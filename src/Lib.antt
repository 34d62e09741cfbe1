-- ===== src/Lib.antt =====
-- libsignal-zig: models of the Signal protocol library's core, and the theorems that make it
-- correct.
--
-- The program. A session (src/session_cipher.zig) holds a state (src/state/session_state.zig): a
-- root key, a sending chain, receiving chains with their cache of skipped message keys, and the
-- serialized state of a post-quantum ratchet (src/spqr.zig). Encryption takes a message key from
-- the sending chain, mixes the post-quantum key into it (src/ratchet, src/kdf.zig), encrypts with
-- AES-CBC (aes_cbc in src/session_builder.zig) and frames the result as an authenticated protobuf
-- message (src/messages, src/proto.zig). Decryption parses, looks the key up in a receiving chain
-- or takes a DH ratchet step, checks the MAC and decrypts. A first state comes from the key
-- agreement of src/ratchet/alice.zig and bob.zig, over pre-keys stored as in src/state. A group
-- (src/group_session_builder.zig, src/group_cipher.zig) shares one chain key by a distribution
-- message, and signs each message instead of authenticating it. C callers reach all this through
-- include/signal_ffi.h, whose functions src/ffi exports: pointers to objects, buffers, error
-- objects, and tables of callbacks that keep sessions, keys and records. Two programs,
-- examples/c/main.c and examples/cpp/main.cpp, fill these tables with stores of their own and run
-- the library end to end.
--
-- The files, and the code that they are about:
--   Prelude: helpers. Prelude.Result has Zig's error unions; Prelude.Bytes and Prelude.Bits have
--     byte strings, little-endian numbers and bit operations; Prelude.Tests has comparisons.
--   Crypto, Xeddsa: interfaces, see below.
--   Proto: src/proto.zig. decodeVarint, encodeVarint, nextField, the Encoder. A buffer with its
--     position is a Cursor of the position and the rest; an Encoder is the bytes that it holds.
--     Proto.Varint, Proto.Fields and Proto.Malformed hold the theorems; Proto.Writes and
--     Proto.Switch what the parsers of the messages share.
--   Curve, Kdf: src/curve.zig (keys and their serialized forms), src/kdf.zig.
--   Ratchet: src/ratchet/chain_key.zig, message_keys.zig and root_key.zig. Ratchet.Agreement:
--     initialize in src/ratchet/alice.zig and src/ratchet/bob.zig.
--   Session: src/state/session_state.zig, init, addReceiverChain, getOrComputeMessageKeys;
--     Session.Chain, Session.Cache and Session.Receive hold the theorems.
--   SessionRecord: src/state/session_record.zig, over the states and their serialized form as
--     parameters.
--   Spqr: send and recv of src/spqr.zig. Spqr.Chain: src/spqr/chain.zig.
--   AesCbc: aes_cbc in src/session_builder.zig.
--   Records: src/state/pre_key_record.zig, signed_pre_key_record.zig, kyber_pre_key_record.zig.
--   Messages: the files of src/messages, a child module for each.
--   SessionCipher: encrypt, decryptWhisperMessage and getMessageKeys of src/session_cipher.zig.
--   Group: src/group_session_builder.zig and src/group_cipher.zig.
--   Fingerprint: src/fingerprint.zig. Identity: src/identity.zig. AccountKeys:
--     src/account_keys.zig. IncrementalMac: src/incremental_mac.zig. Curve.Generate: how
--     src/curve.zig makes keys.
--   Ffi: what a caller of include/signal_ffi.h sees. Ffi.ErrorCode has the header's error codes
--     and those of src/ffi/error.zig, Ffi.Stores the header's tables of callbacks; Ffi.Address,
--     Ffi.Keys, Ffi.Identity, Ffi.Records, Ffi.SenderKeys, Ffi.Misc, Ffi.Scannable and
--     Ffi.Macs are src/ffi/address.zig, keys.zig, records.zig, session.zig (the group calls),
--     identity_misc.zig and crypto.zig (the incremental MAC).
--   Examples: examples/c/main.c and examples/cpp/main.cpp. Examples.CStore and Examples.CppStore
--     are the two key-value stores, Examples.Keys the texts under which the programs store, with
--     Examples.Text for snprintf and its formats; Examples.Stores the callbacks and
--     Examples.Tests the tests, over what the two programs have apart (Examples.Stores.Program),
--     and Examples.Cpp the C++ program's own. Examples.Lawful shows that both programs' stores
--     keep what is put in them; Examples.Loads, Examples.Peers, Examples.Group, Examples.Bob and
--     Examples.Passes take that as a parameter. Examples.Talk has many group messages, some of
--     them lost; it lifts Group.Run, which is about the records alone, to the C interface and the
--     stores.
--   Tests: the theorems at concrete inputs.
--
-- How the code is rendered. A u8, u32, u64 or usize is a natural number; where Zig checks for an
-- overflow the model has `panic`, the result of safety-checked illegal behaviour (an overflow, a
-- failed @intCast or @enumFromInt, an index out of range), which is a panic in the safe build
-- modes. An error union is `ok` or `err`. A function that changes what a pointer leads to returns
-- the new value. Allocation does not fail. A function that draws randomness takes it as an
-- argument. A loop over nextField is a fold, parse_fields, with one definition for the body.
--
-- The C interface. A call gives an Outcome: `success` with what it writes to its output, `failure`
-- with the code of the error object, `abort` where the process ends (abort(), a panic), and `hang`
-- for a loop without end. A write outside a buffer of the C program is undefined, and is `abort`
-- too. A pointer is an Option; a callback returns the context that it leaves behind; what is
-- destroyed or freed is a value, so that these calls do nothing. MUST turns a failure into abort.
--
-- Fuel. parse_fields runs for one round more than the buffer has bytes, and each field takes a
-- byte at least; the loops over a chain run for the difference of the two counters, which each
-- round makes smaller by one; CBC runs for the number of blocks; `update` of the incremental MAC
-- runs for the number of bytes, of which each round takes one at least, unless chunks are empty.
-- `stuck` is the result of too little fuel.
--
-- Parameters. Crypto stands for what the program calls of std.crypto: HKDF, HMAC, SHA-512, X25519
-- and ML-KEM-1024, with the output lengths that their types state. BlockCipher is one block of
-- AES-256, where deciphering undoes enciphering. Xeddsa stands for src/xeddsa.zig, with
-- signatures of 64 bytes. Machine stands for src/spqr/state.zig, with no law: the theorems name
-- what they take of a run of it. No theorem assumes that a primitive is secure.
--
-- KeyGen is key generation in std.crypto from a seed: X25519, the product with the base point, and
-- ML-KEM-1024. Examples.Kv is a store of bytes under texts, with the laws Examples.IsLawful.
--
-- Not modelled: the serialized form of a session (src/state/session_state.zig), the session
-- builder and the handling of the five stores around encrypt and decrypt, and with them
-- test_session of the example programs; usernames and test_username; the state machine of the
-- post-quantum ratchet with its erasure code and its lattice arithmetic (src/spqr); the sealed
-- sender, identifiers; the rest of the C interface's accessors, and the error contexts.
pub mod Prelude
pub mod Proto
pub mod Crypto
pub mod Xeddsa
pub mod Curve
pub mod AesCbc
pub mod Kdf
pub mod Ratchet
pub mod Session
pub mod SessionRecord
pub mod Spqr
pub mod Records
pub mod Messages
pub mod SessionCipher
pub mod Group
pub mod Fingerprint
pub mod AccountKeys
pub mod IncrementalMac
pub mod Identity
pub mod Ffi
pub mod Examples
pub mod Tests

ACTION ITEM -> All lines of the records above that carry the word "have" should be listed.

RESPONSE FOR THIS EXERCISE ->
--   Prelude: helpers. Prelude.Result has Zig's error unions; Prelude.Bytes and Prelude.Bits have
--     Examples.Tests the tests, over what the two programs have apart (Examples.Stores.Program),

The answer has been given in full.